The water parameters are 0 ammonia 0 nitrite and very low nitrate (I don't remember the exact number atm) as I have a lot of plants in there. The ph is close to neutral, about 7.4.
He lives with tetras and mollies right now, but before the tank redo, he lived with more aggressive cichlids and would always hide. (Yet never lost his colors) The substrate and background are the same, just rearranged the rocks and driftwood, and added many many plants. I got him from Aquarium Adventure, which I have never had problems with. They take excellent care of there fish at mine, and even their older stocks are more colorful than many other stores have had theirs. Just a few days ago they were selling large German Blue Rams (about 3") and they were some of the most colorful fish I had ever seen in my life. 10x more colorful than I have seen at other stores. ( I asked them what they did and i was what food they were raising them on.


----------



## CjCichlid

He may very well just still be getting use to his surroundings. It could also be due to the fact that he is now the only cichlid in the tank and is no longer trying to show dominance. Regardless, cichlids can and do go through a wide array of coloration and patterns. If the water params are good and he's acting normal (active, eating, ect) I wouldn't be concerned. Give him some time and he should color back up.
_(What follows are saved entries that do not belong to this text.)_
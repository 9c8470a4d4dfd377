-- ===== src/Correlator/Account.antt =====
-- backend/app/services/correlator.py: no alert is lost between the input and the incidents.
use text.Mathlib.Text.{◌==◌ as str_eq}
use proof_ops.Common.{
  ℕ, ◌+◌, String, ◌≡◌, refl, ap, ◌∙◌, List, [], ◌∷◌, ◌++◌, length, length-append, Bool-cases, inl,
  inr, arith, Result, ok, err,
}
use proof_ops.Contracts.Value.{Value}
use proof_ops.Correlator.Alert.{Alert, Fault, Key, Tally, deduplicate}
use proof_ops.Correlator.Signals.{Measures, topology_edges, service_max_err}
use proof_ops.Correlator.Group.{
  Group, Incident, or_empty, insert_by_ts, sort_by_ts, merged, merged_or, place, group_from,
  incidents_of, reported, incident_of, grouped, correlate,
}
use proof_ops.Correlator.Duplicates.{deduplicate_counts}
use proof_ops.Correlator.Partition.{shared_out, group_from-all}

insert_by_ts-length : (a : Alert) (l : List Alert) → length (insert_by_ts a l) ≡ length l + 1
insert_by_ts-length a [] = refl
insert_by_ts-length a (b ∷ bs) = ground (arith, insert_by_ts-length a bs)

sort_by_ts-length : (l : List Alert) → length (sort_by_ts l) ≡ length l
unfolding sort_by_ts
sort_by_ts-length [] = refl
sort_by_ts-length (a ∷ more) =
    omega (arith, insert_by_ts-length a (sort_by_ts more), sort_by_ts-length more)

place-length :
    (fp : String) (a : Alert) (sig : String) (gs : List Group)
    → length (shared_out (place fp a sig gs)) ≡ length (shared_out gs) + 1
unfolding place
place-length fp a sig [] = refl
place-length fp a sig (g ∷ gs) = elim (Bool-cases (str_eq g.fp fp)) [
  | inl e ↦ rw e (
      omega (
        arith,
        length-append (g.alerts ++ a ∷ []) (shared_out gs),
        length-append g.alerts (shared_out gs),
        length-append g.alerts (a ∷ []),
      ))
  | inr e ↦ rw e (
      omega (
        arith,
        length-append g.alerts (shared_out (place fp a sig gs)),
        length-append g.alerts (shared_out gs),
        place-length fp a sig gs,
      ))
]

-- The alerts that incidents count.
abbrev pub counted : List Incident → ℕ
counted [] = 0
counted (i ∷ more) = i.alert_count + counted more

same_incidents :
    (r : Result Fault (List Incident)) {x y : List Incident} → r ≡ ok x → r ≡ ok y → x ≡ y
same_incidents r i j = cc

module _ {F : Type 0} (measures : Measures F) where
  groups-length :
      (deploys : List Value) (edges : List (String × String)) (alerts : List Alert)
      {gs : List Group}
      → group_from measures deploys edges [] alerts ≡ ok gs
      → length (shared_out gs) ≡ length alerts
  groups-length deploys edges alerts {gs} h =
      group_from-all measures deploys edges (λ done gs. length (shared_out gs) ≡ length done)
        (λ done a sig key gs e i p. omega (
          arith,
          place-length (merged_or (merged edges a sig gs) key) a sig gs,
          p,
          length-append done (a ∷ []),
        ))
        [] [] alerts gs refl h

  incidents-counted :
      (metrics : List Value) (by_key : List (Key × ℕ)) (gs : List Group) {is : List Incident}
      → incidents_of measures metrics by_key gs ≡ ok is
      → counted is ≡ length (shared_out gs)
  unfolding incidents_of incident_of
  incidents-counted metrics by_key [] h = ap counted (same_incidents _ h refl)
  incidents-counted metrics by_key (g ∷ gs) {is} h =
      go (service_max_err measures metrics g.service) (incidents_of measures metrics by_key gs) refl
        h (λ js k. incidents-counted metrics by_key gs {is = js} k)
    where
      go :
          (m : Result Fault F) (r : Result Fault (List Incident))
          → incidents_of measures metrics by_key gs ≡ r
          → (elim (elim m as (λ x. Result Fault Incident) [
            | err x ↦ err x
            | ok e ↦ ok (reported measures e by_key g)
          ]) [ err x ↦ err x | ok i ↦ elim r [ err x ↦ err x | ok js ↦ ok (i ∷ js) ] ])
            ≡ ok is
          → ((js : List Incident)
              → incidents_of measures metrics by_key gs ≡ ok js
              → counted js ≡ length (shared_out gs))
          → counted is ≡ length (shared_out (g ∷ gs))
      go (err x) r e q k = cc
      go (ok m) (err x) e q k = cc
      go (ok m) (ok js) e q k =
          ap counted (same_incidents _ q refl)
          ∙ omega (arith, length-append g.alerts (shared_out gs), k js e)

  -- What an outcome of `correlate` accounts for.
  pub record Accounts (alerts : List Alert) (incidents : List Incident) : Type 0 where
    pub tally : Tally
    pub deduplicated : deduplicate (sort_by_ts alerts) ≡ ok tally
    pub all_counted : counted incidents + tally.suppressed ≡ length alerts

  grouped-Accounts :
      (alerts : List Alert) (deploys metrics : List Value) (edges : List (String × String))
      (r : Result Fault Tally) {incidents : List Incident}
      → deduplicate (sort_by_ts alerts) ≡ r
      → grouped measures deploys metrics edges r ≡ ok incidents
      → Accounts alerts incidents
  grouped-Accounts alerts deploys metrics edges (err x) e h = cc
  grouped-Accounts alerts deploys metrics edges (ok t) {incidents} e h =
      go (group_from measures deploys edges [] t.unique) refl h
    where
      made :
          (gs : List Group)
          → group_from measures deploys edges [] t.unique ≡ ok gs
          → incidents_of measures metrics t.by_key gs ≡ ok incidents
          → Accounts alerts incidents
      made gs g q = record {
        tally = t;
        deduplicated = e;
        all_counted = omega (
          arith,
          incidents-counted metrics t.by_key gs q,
          groups-length deploys edges t.unique g,
          deduplicate_counts (sort_by_ts alerts) e,
          sort_by_ts-length alerts,
        );
      }

      go :
          (x : Result Fault (List Group))
          → group_from measures deploys edges [] t.unique ≡ x
          → (elim x [ err y ↦ err y | ok gs ↦ incidents_of measures metrics t.by_key gs ])
            ≡ ok incidents
          → Accounts alerts incidents
      go (err y) g q = cc
      go (ok gs) g q = made gs g q

  -- Where `correlate` returns incidents, the alerts they count and the alerts that the deduplication
  -- of the sorted input suppressed are together as many as the alerts of the input.
  pub correlate-Accounts :
      (alerts : List Alert) (deploys metrics : List Value) (topology : Value)
      {incidents : List Incident}
      → correlate measures alerts deploys metrics topology ≡ ok incidents
      → Accounts alerts incidents
  unfolding correlate
  correlate-Accounts alerts deploys metrics topology {incidents} h =
      go (topology_edges (or_empty topology)) h
    where
      go :
          (x : Result Fault (List (String × String)))
          → (elim x [
            | err y ↦ err y
            | ok edges ↦ grouped measures deploys metrics edges (deduplicate (sort_by_ts alerts))
          ])
            ≡ ok incidents
          → Accounts alerts incidents
      go (err y) q = cc
      go (ok edges) q =
          grouped-Accounts alerts deploys metrics edges (deduplicate (sort_by_ts alerts)) refl q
Also, what size is the tank?


----------



## juhason

It's a 35 long tank, I was told it is big enough, if you think not though I can plan on upgrading as he gets older. Hopefully his colors do come back I guess I'll just wait it out! Thanks!


----------



## CjCichlid

What are the dimensions? It's definitely big enough for a lone T. meeki.. depending on the dimensions I'd actually add a few more.


----------



## juhason

Oh, the dimensions are 36"X12"X18". If I get more would that lower his aggression? His aggression is tolerable by the other fish but the less aggressive he is the better.


----------



## CjCichlid

What other fish are currently in the tank and how large is your Firemouth? If you're interested in spawning, those dimensions would be suitable for a pair.


----------



## juhason

There are 8 serpae tetras 3 gold dust lyretail mollies and a powder blue dwarf gourami. The firemouth is about 2 1/2 inches. Starting today though the firemouth has been attacking the gourami, and the gourami attacking the firemouth. I would love to have a pair but don't want more aggression than I already have. Any suggestions on the dwarf and firemouth aggression? :-?


----------



## skurj

juhason said:


> There are 8 serpae tetras 3 gold dust lyretail mollies and a powder blue dwarf gourami. The firemouth is about 2 1/2 inches. Starting today though the firemouth has been attacking the gourami, and the gourami attacking the firemouth. I would love to have a pair but don't want more aggression than I already have. Any suggestions on the dwarf and firemouth aggression? :-?


remove the gourami :thumb:


----------



## juhason

skurj said:


> juhason said:
> 
> 
> 
> There are 8 serpae tetras 3 gold dust lyretail mollies and a powder blue dwarf gourami. The firemouth is about 2 1/2 inches. Starting today though the firemouth has been attacking the gourami, and the gourami attacking the firemouth. I would love to have a pair but don't want more aggression than I already have. Any suggestions on the dwarf and firemouth aggression? :-?
> 
> 
> 
> remove the gourami :thumb:
Click to expand...

 Haha well I might have to actually remove the firemouth because the gourami is not mine, its a family members. Maybe I can keep trying different firemouth until I find a more placid one? I have heard of and seen firemouths in a community setup so I bought it in hopes of that. They are not attacking each other right now though! :thumb:


----------



## FedEXguy

Gouramis are very cichlid-shaped. People use them as target fish for cichlid aggression sometimes. I'd say you can make the firemouth work in a community, but not with a single gourami.


----------



## Ronzo

Juhason;

The (4 juvie) meekis I just got into my 55g lost much of their color from netting and relocation stress...I hope to give them good (if not optimal) tank conditions, so hope their color will come back/develop with time...check your water conditions and temp, and be certain they are the preferred conditions for the meekis, and color should return...a spawing partner would certainly help...I don't have any experience with gouramis/meeki interaction...I don't like gouramis much...no personality!

Cheers from Connecticut!


----------



## juhason

Alright thank you everyone.


----------



## Drenen

My firemouth lives peacefully with 2 Dempsey's, 2 Jewel's,and a Yellow lab Cichlid also 7 black Ruby barbs. I have plenty of caves for hiding been fine for little over a year. Jewel's have had 3 sets of fry. I just try to keep them entertained n use live food when possible to help with the urge to devour.


----------